§ What is required:
In the data below, one line contains "abbrev pub directories : Directories" and a later one contains "preopens = record". Print both, with every line between them, exactly and alone.

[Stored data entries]
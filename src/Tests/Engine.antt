-- ===== src/Tests/Engine.antt =====
-- An engine to run on: linkers are association lists, and memories are numbered as they are made.
use wasmtime_mysql.Prelude.{
  ℕ, suc, ◌≡◌, refl, subst, Bool, true, false, List, [], ◌∷◌, Option, none, some, if◌then◌else◌,
  pos, ok, ok_or, not,
}
use wasmtime_mysql.Runtime.Memories.{
  Key, eq_key, MemoryExtern, shared_memory, plain_memory, Embedding, Import, Defining,
  define_imported_memories, define_shared_memories, define_imports, define_import,
}
use wasmtime_mysql.Runtime.Names.{KeepsNames, eq_key_refl}
use wasmtime_mysql.Runtime.Shutdown.{
  Registration, conditional_shutdown, sets_flag, running, exited, SignalHook,
  install_shutdown_signal_handlers, terminate, request, interrupt, run_events, actions, RunsInOrder,
  has_interrupt, run_events_lem,
}
use mathlib.Core.List.{Perm}
use wasmtime_mysql.Paths.{root_dir, normal, normalize_guest_path, walk, part_kind, sort_preopens}
use wasmtime_mysql.Files.{HostFiles, new, given_preopens, default_preopens}
use wasmtime_mysql.Runtime.Wasi.{
  Directories, Cli, BuilderCall, inherit_stdio, allow_blocking_current_thread, inherit_env,
  set_args, program, preopened_dir, initial_cwd, build_wasi, preopen_dir,
}
use wasmtime_mysql.Runtime.Grants.{mapped, hosts, grants_network, build_wasi-new}
use wasmtime_mysql.Runtime.Kinds.{
  Finds, first_memory, define_shared_memories-define_imported_memories,
}

abbrev pub Names : Type 0
Names = List (Key × MemoryExtern ℕ ℕ)

abbrev pub named : Names → Key → Option (MemoryExtern ℕ ℕ)
named [] k = none
named ((j, x) ∷ l) k = if eq_key j k then some x else named l k

abbrev pub engine : Embedding
engine = record {
  World = ℕ;
  MemoryType = Bool;
  Shared = ℕ;
  Plain = ℕ;
  Linker = Names;
  is_shared = λ b. b;
  new_shared = λ ty w. (some w, suc w);
  new_memory = λ ty w. (some w, suc w);
  define = λ l k x. some ((k, x) ∷ l);
}

some_inj {ℓ} : {A : Type ℓ} {a b : A} → some a ≡ some b → a ≡ b
some_inj e = cc

engine-KeepsNames : KeepsNames engine
engine-KeepsNames = record {
  named = named;
  defined = λ l l' k x e. subst (λ a. named a k ≡ some x) (some_inj e) (rw (eq_key_refl k) refl);
  kept = λ l l' k j x e n. subst (λ a. named a j ≡ named l j) (some_inj e) (rw n refl);
}

abbrev pub env_memory : Key
env_memory = (b'e' ∷ [], b'm' ∷ [])

abbrev other_memory : Key
other_memory = (b'e' ∷ [], b'n' ∷ [])

-- A shared memory that is imported twice, a function, and a plain memory.
abbrev pub imports : List (Import Bool)
imports =
    record { key = env_memory; memory = some true }
    ∷ record { key = env_memory; memory = none }
    ∷ record { key = env_memory; memory = some true }
    ∷ record { key = other_memory; memory = some false }
    ∷ []

abbrev pub main_made : Defining engine
main_made = record {
  seen = other_memory ∷ env_memory ∷ [];
  memories = (env_memory, 0) ∷ [];
  linker = (other_memory, plain_memory 1) ∷ (env_memory, shared_memory 0) ∷ [];
  store = 2;
}

main_made_lem : define_imported_memories engine imports [] 0 ≡ some main_made
unfolding define_imported_memories define_imports define_import
main_made_lem = refl

again_lem :
    define_shared_memories engine [] main_made.memories ≡ some ((env_memory, shared_memory 0) ∷ [])
unfolding define_shared_memories
again_lem = refl

env_first : first_memory engine engine-KeepsNames imports env_memory ≡ some true
unfolding first_memory
env_first = refl

define_shared_memories-define_imported_memories_example :
    Finds engine engine-KeepsNames true main_made.linker
      ((env_memory, shared_memory 0) ∷ [])
      env_memory
define_shared_memories-define_imported_memories_example =
    define_shared_memories-define_imported_memories engine engine-KeepsNames imports [] []
      ((env_memory, shared_memory 0) ∷ []) 0 main_made main_made_lem again_lem env_memory true
      env_first

abbrev pub hook : SignalHook
hook = record { can_register = λ r. true; dispatch = actions; sigint = pos 2; sigterm = pos 15 }

hook-RunsInOrder : RunsInOrder hook
hook-RunsInOrder = record { in_order = λ rs signal flag. refl; apart = refl }

abbrev handlers : List Registration
handlers = conditional_shutdown (pos 2) (pos 1) ∷ sets_flag (pos 2) ∷ sets_flag (pos 15) ∷ []

installed : install_shutdown_signal_handlers hook ≡ some handlers
unfolding install_shutdown_signal_handlers
installed = refl

run_events_lem_example :
    run_events hook handlers (terminate ∷ request ∷ interrupt ∷ []) (running false)
    ≡ (if has_interrupt (request ∷ interrupt ∷ []) then exited (pos 1) else running true)
run_events_lem_example =
    run_events_lem hook hook-RunsInOrder handlers installed terminate (request ∷ interrupt ∷ [])

abbrev pub directories : Directories
directories = record {
  is_dir = λ p. true;
  current_dir = some (root_dir ∷ []);
  can_preopen = λ host guest. true;
}

-- --no-network, and one directory beside the current one.
abbrev pub cli : Cli
cli = record {
  no_default_preopen = false;
  no_inherit_env = false;
  no_network = true;
  preopens = record { host = root_dir ∷ normal (b'd' ∷ []) ∷ []; guest = b'd' ∷ [] } ∷ [];
  env = [];
  guest_args = [];
}

abbrev pub calls : List BuilderCall
calls =
    inherit_stdio
    ∷ allow_blocking_current_thread true
    ∷ inherit_env
    ∷ set_args (program ∷ [])
    ∷ preopened_dir (root_dir ∷ []) (b'.' ∷ [])
    ∷ initial_cwd (b'.' ∷ [])
    ∷ preopened_dir (root_dir ∷ normal (b'd' ∷ []) ∷ []) (b'd' ∷ [])
    ∷ []

abbrev pub file_table : HostFiles ℕ
file_table = record {
  next_fd = 20000;
  files = [];
  preopens =
      record { guest = b'.' ∷ []; host = root_dir ∷ [] }
      ∷ record { guest = b'd' ∷ []; host = root_dir ∷ normal (b'd' ∷ []) ∷ [] }
      ∷ [];
}

built : build_wasi directories cli ≡ some calls
unfolding build_wasi preopen_dir
built = refl

opened : new false cli.preopens (ok_or directories.current_dir (pos 44)) ≡ ok file_table
unfolding new given_preopens default_preopens normalize_guest_path walk part_kind sort_preopens
opened = refl

build_wasi-new_example :
    Perm (mapped file_table.preopens) (hosts calls) × (grants_network calls ≡ not cli.no_network)
build_wasi-new_example = build_wasi-new directories cli (pos 44) calls file_table built opened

§ Answer to this task:
abbrev pub directories : Directories
directories = record {
  is_dir = λ p. true;
  current_dir = some (root_dir ∷ []);
  can_preopen = λ host guest. true;
}

-- --no-network, and one directory beside the current one.
abbrev pub cli : Cli
cli = record {
  no_default_preopen = false;
  no_inherit_env = false;
  no_network = true;
  preopens = record { host = root_dir ∷ normal (b'd' ∷ []) ∷ []; guest = b'd' ∷ [] } ∷ [];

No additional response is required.